→ What needs to be done: Wherever the word "unfoldable" occurs in the listing below, copy that whole line.

─── Data section

-- ===== src/Sata/Command.antt =====
-- sata_block_read of src/drivers/sata.c: the command for the controller, and its execution.
-- The registers are a parameter, reads included, which may change the controller; so are the
-- physical addresses of the command list, the receive area and the command table. printf knows no
-- `l` after a `%`: what the messages show for `%lx` and `%lu` is what it makes of them.
pub mod Encoding
pub mod Reads
use Prim.Native.Nat.{bit_and, bit_or}
use wnu.Prelude.{
  ℕ, zero, suc, ◌+◌, ◌-◌, ◌*◌, ◌/◌, ◌%◌, ◌^◌, Bool, true, false, not, ◌&&◌, ◌||◌, Option, none,
  some, List, [], ◌∷◌, ◌++◌, ◌==◌, ltb, leb, if◌then◌else◌, length, get_elem?,
}
use wnu.Mem.{Bytes, store, store32}
use wnu.Str.{Str, codes}
use wnu.Libc.Printf.{Arg, printf, word}
use wnu.Net.Protocol.{text_or_empty}
use wnu.Sata.{Controller, Bases, phys_to_virt, bar5, abar_phys, test_bit}

-- A controller whose state is a `D`: its memory-mapped registers, by address.
pub record Registers (D : Type 0) : Type 0 where
  pub read32 : ℕ → D → ℕ × D
  pub write32 : ℕ → ℕ → D → D

-- The physical addresses of the three areas, for each controller.
pub record Areas : Type 0 where
  pub command_list : ℕ → ℕ
  pub received : ℕ → ℕ
  pub command_table : ℕ → ℕ

-- The command lists and tables, for each controller, the registers' state, and the text written.
pub record Driver (D : Type 0) : Type 0 where
  pub ctrls : List Controller
  pub cmd_list : ℕ → Bytes
  pub cmd_table : ℕ → Bytes
  pub hba : D
  pub out : Str

-- The command header, after its memset.
unfoldable pub command_header : ℕ → Bytes
command_header table = store32 0x1C (table / 2 ^ 32 % 2 ^ 32) (
    store32 0x18 (table % 2 ^ 32)
      (store 4 1 (store 3 0 (store 2 0 (store 1 0 (store 0 5 (λ k. 0)))))))

-- The command in the table, after its memset: the bytes of the sector and the count.
unfoldable pub command_fis : ℕ → ℕ → Bytes
command_fis lba count = store 13 (count / 2 ^ 8 % 256) (
    store 12 (count % 256) (
      store 10 (lba / 2 ^ 40 % 256) (
        store 9 (lba / 2 ^ 32 % 256) (
          store 8 (lba / 2 ^ 24 % 256) (
            store 6 (lba / 2 ^ 16 % 256) (
              store 5 (lba / 2 ^ 8 % 256)
                (store 4 (lba % 256) (store 2 0x25 (store 1 0x80 (store 0 0x27 (λ k. 0)))))))))))

-- `dbc`, with the bit for the interrupt.
unfoldable pub byte_count : ℕ → ℕ
byte_count count = bit_or ((count * 512 + (2 ^ 64 - 1)) % 2 ^ 32) (2 ^ 31)

-- The whole table: the command, and the entry for the buffer.
unfoldable pub command_table : ℕ → ℕ → ℕ → Bytes
command_table lba count buf =
    store32 0x8C (byte_count count)
      (store32 0x84 (buf / 2 ^ 32 % 2 ^ 32) (store32 0x80 (buf % 2 ^ 32) (command_fis lba count)))

-- The first of `n` bits that is set, from `p` on.
unfoldable pub first_port : ℕ → ℕ → ℕ → Option ℕ
first_port zero p pi = none
first_port (suc n) p pi =
    let rest = first_port n (p + 1) pi in if test_bit pi p then some p else rest

-- A text of printf.
abbrev pub say : {D : Type 0} → Driver D → Str → List Arg → Driver D
say s format args = record s { out = s.out ++ text_or_empty (printf format args) }

-- A slot's memory replaced.
abbrev pub put : (ℕ → Bytes) → ℕ → Bytes → ℕ → Bytes
put areas i b k = if k == i then b else areas k

module _ {D : Type 0} (regs : Registers D) (areas : Areas) (bases : Bases) where
  -- The addresses written, and the command engine started.
  unfoldable pub start_port : ℕ → ℕ → D → D
  start_port port i d =
      let d1 = regs.write32 port (areas.command_list i % 2 ^ 32) d in
      let d2 = regs.write32 (port + 0x04) (areas.command_list i / 2 ^ 32 % 2 ^ 32) d1 in
      let d3 = regs.write32 (port + 0x08) (areas.received i % 2 ^ 32) d2 in
      let d4 = regs.write32 (port + 0x0C) (areas.received i / 2 ^ 32 % 2 ^ 32) d3 in
      let d5 = regs.write32 (port + 0x10) 0xffffffff d4 in
      let (cmd, d6) = regs.read32 (port + 0x18) d5 in
      let d7 = (regs.read32 (port + 0x18) (regs.read32 (port + 0x18) d6).1).1 in
      regs.write32 (port + 0x18) (bit_or (bit_or cmd (2 ^ 4)) 1) d7

  -- The loop that waits for the command, `n` tests at most.
  unfoldable pub wait_done : ℕ → ℕ → D → D
  wait_done zero port d = d
  wait_done (suc n) port d =
      let (cur, e) = regs.read32 (port + 0x38) d in
      let rest = wait_done n port e in if bit_and cur 1 == 0 then e else rest

  -- The command issued.
  unfoldable pub issue : ℕ → D → D
  issue port d =
      let (ci, d1) = regs.read32 (port + 0x38) d in
      let d2 = (regs.read32 (port + 0x38) d1).1 in regs.write32 (port + 0x38) (bit_or ci 1) d2

  -- The wait for a command that was issued, and its errors.
  unfoldable pub complete : ℕ → ℕ → Driver D → ℕ × Driver D
  complete port count s =
      let (tfd, hba) = regs.read32 (port + 0x20) (wait_done 1000000 port s.hba) in
      let done =
        say (record s { hba = hba }) (codes "sata_block_read: done, tfd=0x%x\n") (word tfd ∷ []) in
      if bit_and tfd 0x1 == 0
      then (count % 2 ^ 32, done)
      else (0, say done (codes "sata: tfd error 0x%x\n") (word tfd ∷ []))

  -- The areas filled, between the two messages.
  abbrev pub fill_areas : ℕ → ℕ → ℕ → ℕ → Driver D → Driver D
  fill_areas i lba buf count s = record s {
    cmd_list =
        put s.cmd_list i
          (λ k. if ltb k 1024 then command_header (areas.command_table i) k else s.cmd_list i k);
    cmd_table =
        put s.cmd_table i
          (λ k. if ltb k 256 then command_table lba count buf k else s.cmd_table i k);
  }

  -- From the port on. The message about the addresses stands before the command engine's start,
  -- which reads and writes registers alone.
  unfoldable pub run_command : ℕ → ℕ → ℕ → ℕ → ℕ → Driver D → ℕ × Driver D
  run_command i port lba buf count s =
      let told =
        say s (codes "sata_block_read: wrote CLB/FB, clb_phys=0x%x fb_phys=0x%x ctba=0x%x\n") (
          word (areas.command_list i)
          ∷ word (areas.received i)
          ∷ word (areas.command_table i)
          ∷ []) in
      let filled = fill_areas i lba buf count (record told { hba = start_port port i s.hba }) in
      complete port count (
        say (record filled { hba = issue port filled.hba })
          (codes "sata_block_read: issued CI, waiting for completion\n") [])

  -- The port found, if any; -1 in the message for none.
  abbrev pub on_port : Option ℕ → ℕ → ℕ → ℕ → ℕ → ℕ → Driver D → ℕ × Driver D
  on_port none i abar lba buf count s =
      (0, say s (codes "sata_block_read: selected port=%d\n") (word (2 ^ 32 - 1) ∷ []))
  on_port (some p) i abar lba buf count s =
      run_command i (abar + 0x100 + p * 0x80) lba buf count
        (say s (codes "sata_block_read: selected port=%d\n") (word p ∷ []))

  -- The controller at place `i`.
  abbrev pub on_controller : Option Controller → ℕ → ℕ → ℕ → ℕ → Driver D → ℕ × Driver D
  on_controller none i lba buf count s = (0, s)
  on_controller (some c) i lba buf count s =
      let abar = phys_to_virt bases (abar_phys c) in
      let (pi, d1) = regs.read32 (abar + 0x0C) s.hba in
      let (cap, d2) = regs.read32 abar d1 in
      let told =
        say (record s { hba = d2 })
          (codes "sata_block_read: ctrl_idx=%d bar5=0x%x abar_phys=0x%lx abar_virt=0x%lx "
            ++ codes "cap=0x%x pi=0x%x lba=%lu count=%u\n")
          (word i
            ∷ word (bar5 c)
            ∷ word (abar_phys c)
            ∷ word abar
            ∷ word cap
            ∷ word pi
            ∷ word lba
            ∷ word count
            ∷ []) in
      if bar5 c == 0 || not (bit_and (bar5 c) 1 == 0)
      then (0, s)
      else on_port (first_port 32 0 pi) i abar lba buf count told

  -- `driver_data` is the controller's place in the table; `buf` is the buffer's physical address,
  -- `none` for the null pointer. The result is an `int`, given as 32 bits.
  unfoldable pub block_read : ℕ → ℕ → Option ℕ → ℕ → Driver D → ℕ × Driver D
  block_read i lba none count s = (0, s)
  block_read i lba (some buf) count s =
      let run = on_controller (get_elem? s.ctrls i) i lba buf count s in
      if count == 0 then (0, s) else run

──────

→ Result below:
unfoldable pub command_header : ℕ → Bytes
unfoldable pub command_fis : ℕ → ℕ → Bytes
unfoldable pub byte_count : ℕ → ℕ
unfoldable pub command_table : ℕ → ℕ → ℕ → Bytes
unfoldable pub first_port : ℕ → ℕ → ℕ → Option ℕ
  unfoldable pub start_port : ℕ → ℕ → D → D
  unfoldable pub wait_done : ℕ → ℕ → D → D
  unfoldable pub issue : ℕ → D → D
  unfoldable pub complete : ℕ → ℕ → Driver D → ℕ × Driver D
  unfoldable pub run_command : ℕ → ℕ → ℕ → ℕ → ℕ → Driver D → ℕ × Driver D
  unfoldable pub block_read : ℕ → ℕ → Option ℕ → ℕ → Driver D → ℕ × Driver D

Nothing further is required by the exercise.